Tarık Buğra, bu sene doğumunun 100. yılında çeşitli etkinliklerle anılıyor. Aslında Tarık Buğra üzerine uzun uzun konuşmak gerekiyor fakat kendisi “Ben sağda da solda da değilim” dediği, hayatını ve sanatını bunun üzerine kurduğu için hayatı boyunca bir bakıma ne İsa’ya ne Musa’ya yaranabilmiş bir aydın oldu. Bir kliğin, bir partinin yahut bir ideolojinin değil de yalnızca Türkiye’nin adamı olduğu, kendisini bu kimlikle tanımladığı için tabiri caizse kimse ondan istediği gibi faydalanamadı. Aydın dedim çünkü Tarık Buğra’yı salt romancı olarak nitelendirmek doğru değil. Necip Fazıl’ın tabiriyle “Fikrin ne fahişesi oldum ne zamparası” mısraının tam karşılığı olan insanlardan biri aslında Tarık Buğra. Romanlarındaki tarih şuuru, toplumsal motifler ve bilhassa Türkçenin sahihliği onu, memleket için bir şeyler yapmaya çalışan bir aydın hüviyetine soktu. Çok konuşulan çok gündemde olan bir yazar olmadı hiçbir zaman ama hep okundu. Sanatçılığının yanında gazeteciliğiyle de toplumsal olayları iyi okuyabilmesi buna göre konuşması ve yazması onu çağdaşlarından farklı kıldı.

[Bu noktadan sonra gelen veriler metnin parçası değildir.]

-- ===== src/ApiKeyCommand/Execution.antt =====
-- List and Execute of server/internal/apikey/command.go. The texts of ids and times are parameters, as
-- is whether an error of the database says that a table is missing. What List shows is the text that
-- it hands to the tab writer, one piece for each print; the tab writer aligns the cells of its lines.
pub mod Listing
use mathlib.Core.Option
use playwright_distributed.Base.{
  Error, Result, ok, err, ℕ, suc, Bool, Option, none, some, List, [], ◌∷◌, ◌++◌, map, if◌then◌else◌,
  Bytes, codes,
}
use playwright_distributed.Db.Models.{ApiKey, Database}
use playwright_distributed.Db.Driver.{World, query}
use playwright_distributed.Db.ApiKeys.{list_api_keys}
use playwright_distributed.ApiKeyCommand.{
  Command, create_command, list_command, revoke_command, CommandError, print_failed,
  statement_failed, cleanup_failed, CommandResult, done, stopped, create, revoke,
}

-- A piece of text: bytes, with tabs and line ends among them.
abbrev pub Line : Type 0
Line = Bytes

abbrev pub tab : ℕ
tab = 9

abbrev pub newline : ℕ
newline = 10

-- Six values by the format of six strings with tabs between them and a line end after them.
abbrev pub tabbed : Bytes → Bytes → Bytes → Bytes → Bytes → Bytes → Line
tabbed a b c d e f =
    a ++ (tab ∷ b ++ (tab ∷ c ++ (tab ∷ d ++ (tab ∷ e ++ (tab ∷ f ++ (newline ∷ []))))))

abbrev pub header_line : Line
header_line =
    tabbed (codes "ID") (codes "NAME") (codes "PREFIX") (codes "CREATED_AT") (codes "LAST_USED_AT")
      (codes "REVOKED_AT")

-- `prints n` is whether print number n succeeds: the header, a line for each key, the flush.
unfoldable pub print_lines : (ℕ → Bool) → ℕ → List Line → CommandResult (List Line)
print_lines prints n [] = if prints n then done [] else stopped print_failed
print_lines prints n (line ∷ lines) =
    let rest = print_lines prints (suc n) lines in
    if prints n
    then elim rest [ stopped e ↦ stopped e | done ls ↦ done (line ∷ ls) ]
    else stopped print_failed

module _ (uuid_text time_text : ℕ → Bytes) where
  abbrev pub format_time : Option ℕ → Bytes
  format_time none = codes "-"
  format_time (some t) = time_text t

  abbrev pub key_line : ApiKey → Line
  key_line k =
      tabbed (uuid_text k.id) k.name k.prefix (time_text k.created_at) (format_time k.last_used_at)
        (format_time k.revoked_at)

  unfoldable pub listed_keys :
      (ℕ → Bool) → Result (List ApiKey) × World → CommandResult (List Line) × World
  unfolding print_lines
  listed_keys prints (err e, w) = (stopped (statement_failed e), w)
  listed_keys prints (ok keys, w) = (print_lines prints 0 (header_line ∷ map key_line keys), w)

  -- The lines that the table shows, if all prints succeed.
  unfoldable pub list : (ℕ → Bool) → World → CommandResult (List Line) × World
  unfolding listed_keys
  list prints w = listed_keys prints (query (λ db. ok (list_api_keys db)) w)

-- What Execute ends with: the lines it has shown, advice to migrate, or an error.
pub data Executed : Type 0 where
  finished : List Line → Executed
  not_migrated : Executed
  failed_by : CommandError → Executed

module _ (undefined_table : Error → Bool) where
  -- friendlyDatabaseError.
  unfoldable pub friendly_database_error : CommandError → Executed
  friendly_database_error (statement_failed e) =
      if undefined_table e then not_migrated else failed_by (statement_failed e)
  friendly_database_error (cleanup_failed e) =
      if undefined_table e then not_migrated else failed_by (cleanup_failed e)
  friendly_database_error e = failed_by e

  unfoldable pub report :
      {A : Type 0} → (A → List Line) → CommandResult A × World → Executed × World
  unfolding friendly_database_error
  report lines (done a, w) = (finished (lines a), w)
  report lines (stopped e, w) = (friendly_database_error e, w)

-- The time, a fresh id, the random bytes, whether the print of Create or of Revoke succeeds, whether
-- those of List do, and what other transactions do meanwhile.
pub record Circumstances : Type 0 where
  pub now : ℕ
  pub fresh_id : ℕ
  pub random : Option Bytes
  pub prints : Bool
  pub list_prints : ℕ → Bool
  pub others : Database → Database

unfoldable pub execute :
    (ℕ → Bytes)
    → (ℕ → Bytes)
    → (Error → Bool)
    → (Bytes → Bytes)
    → (Bytes → Bytes)
    → Circumstances
    → Command
    → World
    → Executed × World
unfolding report
execute uuid_text time_text undefined_table trim_space sha c (create_command name) w =
    report undefined_table (λ k. [])
      (create trim_space sha c.now c.fresh_id name c.random c.prints w)
execute uuid_text time_text undefined_table trim_space sha c list_command w =
    report undefined_table (λ ls. ls) (list uuid_text time_text c.list_prints w)
execute uuid_text time_text undefined_table trim_space sha c (revoke_command id) w =
    report undefined_table (λ u. []) (revoke c.now id c.prints c.others w)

Ben Tarık Buğra’yı çekildikten yıllar sonra izlediğim Kuruluş filmi ile tanıdım. Osmancık romanının senaryolaştırılmasıyla Yücel Çakmaklı tarafından çekilen filmde ilk dikkatimi çeken, kullanılan dil olmuştu. 13. yüzyıl Türkçesi neredeyse aynı şekilde kullanılmış ve bu dikkatimi çekmişti. Sonra o küçük yaşlarda okuduğum roman bende hayli etki bırakmıştı. Ondan sonra da yoğun olmasa bile Tarık Buğra ile hep ilgilendim.
Bugüne kadar Tarık Buğra’nın kitaplarını basan Ötüken Neşriyat tarafından yeni bir kitap yayımlandı. Edebiyatın Yolları Taştan – Tarık Buğra ile Söyleşiler adıyla yayımlanan kitap, Tarık Buğra’nın bugüne kadar olan söyleşi ve soruşturma dosyalarından oluşuyor. Daha önce de Tarık Buğra üzerine yaptığı portre çalışması olan Prof.Dr. Mehmet Tekin’in bir araya getirdiği söyleşiler Tarık Buğra’nın fikir dünyasına dair çok önemli bilgiler veriyor. Kendisiyle yapılan mülakatta; “Gençlere bir tavsiyeniz var mı” sorusuna şöyle diyor Tarık Buğra: “Kafa bağımsızlıklarını, hür düşünme yeteneklerini korusunlar, insanlara, insan ilişkilerine, toplum meselelerine, bir bilim adamı titizliğiyle, objektif olarak baksınlar. Yazarlığın politik bir görev olmadığını, aksine politikaya yön vermesi gerektiğini unutmasınlar. Amaçları para ve şöhret olmasın, övülmek, kabul edilmek için dünya görüşlerinden ödün vermesinler. Sanat sanat içindir. Bu ilkeye dört elle sarılsınlar. Ve bu ilkenin toplumdan kopmak olmadığını, aksine topluma ancak bu ilkeye yani sanatın kurallarına, ilkelerine, gereklerine, amaçlarına bağlı kalmakla yardımcı ve yararlı olabileceklerini kavrasınlar.” Buğra’nın neredeyse bütün bir hayatını işte bu paragraftaki düşüncesi üzerine kurduğunu söyleyebiliriz.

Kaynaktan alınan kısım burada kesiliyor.